The invention provides a
mobile robot path planning
algorithm based on single-chain sequential
backtracking Q-learning. According to the
mobile robot path planning
algorithm based on the single-chain sequential
backtracking Q-learning, a two-dimensional environment is expressed by using a grid method, each environment area block corresponds to a discrete location, the state of a
mobile robot at some moment is expressed by an environment location where the
robot is located, the search of each step of the mobile
robot is based on a Q-learning iterative formula of a non-deterministic Markov
decision process, progressively sequential
backtracking is carried out from the Q value of the
tail end of a
single chain, namely the current state, to the Q value of the head end of the
single chain until a target state is reached, the mobile
robot cyclically and repeatedly finds out paths to the target state from an original state, the search of each step is carried out according to the steps, and Q values of states are continuously iterated and optimized until the Q values are converged.

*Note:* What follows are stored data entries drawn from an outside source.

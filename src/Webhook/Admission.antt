-- ===== src/Webhook/Admission.antt =====
-- `WebhookHandler.handle`: the deliveries that change nothing, and the one that is handled.
use oh_my_github_runner.Prelude.{
  ℕ, String, ◌≡◌, refl, sym, subst, ◌∙◌, by_test, is, text_discrete, Bool, true, false, not, ◌&&◌,
  Option, none, some, arith, inl,
}
use oh_my_github_runner.Prelude.Action.{Result, ok, err, after}
use oh_my_github_runner.Commands.{Text}
use oh_my_github_runner.Signature.{verify_hub_signature}
use oh_my_github_runner.Dispatch.{
  DispatchedEvent, DispatchAction, dispatch, ignore, reject, enqueue_action,
}
use oh_my_github_runner.Dispatch.Gates.{passes, dispatch_gates, is_ignored}
use oh_my_github_runner.Payload.{Json, to_dispatched_event}
use oh_my_github_runner.Webhook.{
  WebhookHandler, World, Headers, WebhookHandlerResult, handle, handle_json, handle_event,
  already_seen, read_header, or_dash, execute_action, ask_pull_request_state,
}
use oh_my_github_runner.Webhook.Effects.{Asked, event-Reads, answered-world}

-- Nothing was sent to GitHub or written to the queue; the daemon is as it was, with its pauses.
abbrev pub Untouched : World → World → Type 0
Untouched w w' = (w'.daemon ≡ w.daemon) × (w'.calls ≡ w.calls)

abbrev admitted_event : WebhookHandler → Result (Option DispatchedEvent) → Bool
admitted_event h (ok (some event)) = passes h.dispatcher event
admitted_event h (ok none) = false
admitted_event h (err e) = false

abbrev admitted_json : WebhookHandler → String → Option Json → World → Bool
admitted_json h event_name none w = false
admitted_json h event_name (some json) w =
    admitted_event h (to_dispatched_event (ask_pull_request_state h) event_name json w).0

abbrev pub is_signed : WebhookHandler → Text → Headers → Bool
is_signed h raw_body headers =
    verify_hub_signature h.hmac h.secret raw_body (read_header headers.signature)

-- Whether a delivery stands for an event that passes the gates of the dispatcher.
abbrev pub has_entry : WebhookHandler → Text → Headers → ℕ → World → Bool
has_entry h raw_body headers now w =
    admitted_json h (or_dash (read_header headers.event)) (h.parse_json raw_body)
      (already_seen h (or_dash (read_header headers.delivery)) now w).1

-- A signed delivery may have one effect on GitHub, the question for the state of a pull request.
abbrev pub AtMostAsked : WebhookHandler → (signed : Bool) → World → World → Type 0
AtMostAsked h false w w' = Untouched w w'
AtMostAsked h true w w' = (q : World) × Untouched w q × Asked h q w'

module _ (h : WebhookHandler) where
  ignored_keeps :
      (action : DispatchAction) (task_id : String) (now : ℕ) (w : World)
      → is_ignored action ≡ true
      → (execute_action h action task_id now w).1 ≡ w
  unfolding execute_action
  ignored_keeps (ignore reason) task_id now w e = refl
  ignored_keeps (reject rejection) task_id now w e = cc
  ignored_keeps (enqueue_action r) task_id now w e = cc

  handle_event_keeps :
      (task_id : String) (now : ℕ) (r : Result (Option DispatchedEvent) × World)
      → admitted_event h r.0 ≡ false
      → (after r (λ event. handle_event h event task_id now)).1 ≡ r.1
  unfolding handle_event
  handle_event_keeps task_id now (err e, w) no_entry = refl
  handle_event_keeps task_id now (ok none, w) no_entry = refl
  handle_event_keeps task_id now (ok (some event), w) no_entry =
      answered-world h _ _
      ∙ ignored_keeps (dispatch h.dispatcher event) task_id now w
          (dispatch_gates h.dispatcher event no_entry)

  handle_json_asks :
      (json : Option Json) (event_name : String) (task_id : String) (now : ℕ) (w : World)
      → admitted_json h event_name json w ≡ false
      → Asked h w (handle_json h json event_name task_id now w).1
  unfolding handle_json
  handle_json_asks none event_name task_id now w no_entry = inl refl
  handle_json_asks (some json) event_name task_id now w no_entry =
      subst (Asked h w) (sym (handle_event_keeps task_id now _ no_entry))
        (event-Reads h event_name json w)

  pub already_seen-Untouched :
      (delivery_id : String) (now : ℕ) (w : World)
      → Untouched w (already_seen h delivery_id now w).1
  unfolding already_seen
  already_seen-Untouched delivery_id now w =
      by_test (λ (r : Bool × World). Untouched w r.1) (is (text_discrete delivery_id "-"))
        (λ _. (refl, refl)) (λ _. (refl, refl))

  module _ (raw_body : Text) (headers : Headers) (task_id : String) (now : ℕ) (w : World) where
    unsigned_keeps :
        is_signed h raw_body headers ≡ false
        → Untouched w (handle h raw_body headers task_id now w).1
    unfolding handle
    unsigned_keeps unsigned =
        by_test (λ (r : Result WebhookHandlerResult × World). Untouched w r.1)
          (not (is_signed h raw_body headers)) (λ _. (refl, refl))
          (λ signed. absurd (ground (arith, signed, unsigned)))

    signed_asks :
        has_entry h raw_body headers now w ≡ false
        → AtMostAsked h true w (handle h raw_body headers task_id now w).1
    unfolding handle
    signed_asks no_entry =
        by_test Kept (not (is_signed h raw_body headers)) (λ _. (w, (refl, refl), inl refl))
          λ _.
            by_test Kept seen.0 (λ _. (seen.1, clean, inl refl))
              λ _.
                by_test Kept (is (text_discrete event_name "-")) (λ _. (seen.1, clean, inl refl))
                  λ _. (
                    seen.1,
                    clean,
                    handle_json_asks (h.parse_json raw_body) event_name task_id now seen.1 no_entry,
                  )
      where
        Kept : Result WebhookHandlerResult × World → Type 0
        Kept r = AtMostAsked h true w r.1

        event_name : String
        event_name = or_dash (read_header headers.event)

        seen : Bool × World
        seen = already_seen h (or_dash (read_header headers.delivery)) now w

        clean : Untouched w seen.1
        clean = already_seen-Untouched (or_dash (read_header headers.delivery)) now w

    by_signature :
        (signed : Bool)
        → is_signed h raw_body headers ≡ signed
        → (signed && has_entry h raw_body headers now w) ≡ false
        → AtMostAsked h signed w (handle h raw_body headers task_id now w).1
    by_signature false e no_entry = unsigned_keeps e
    by_signature true e no_entry = signed_asks no_entry

    -- A delivery that is not signed with the secret, or that does not stand for an event that passes
    -- the gates of the dispatcher, writes nothing to GitHub or to the queue. If it is not signed, it
    -- sends nothing and changes nothing of the daemon. Otherwise it sends at most one request, the question for the
    -- state of a pull request, which comes before the gates and can lead to a pause of `github`.
    pub handle_admitted_only :
        (is_signed h raw_body headers && has_entry h raw_body headers now w) ≡ false
        → AtMostAsked h (is_signed h raw_body headers) w (handle h raw_body headers task_id now w).1
    handle_admitted_only no_entry = by_signature (is_signed h raw_body headers) refl no_entry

The mobile
robot path planning
algorithm based on the single-chain sequential backtracking Q-learning has the advantages that the number of steps required for optimal path searching is far less than that of a classic Q-learning algorithm and a Q(
lambda) algorithm, the learning time is shorter, and the learning efficiency is higher; and particularly for large environments, the mobile
robot path planning algorithm based on the single-chain sequential backtracking Q-learning has more obvious advantages.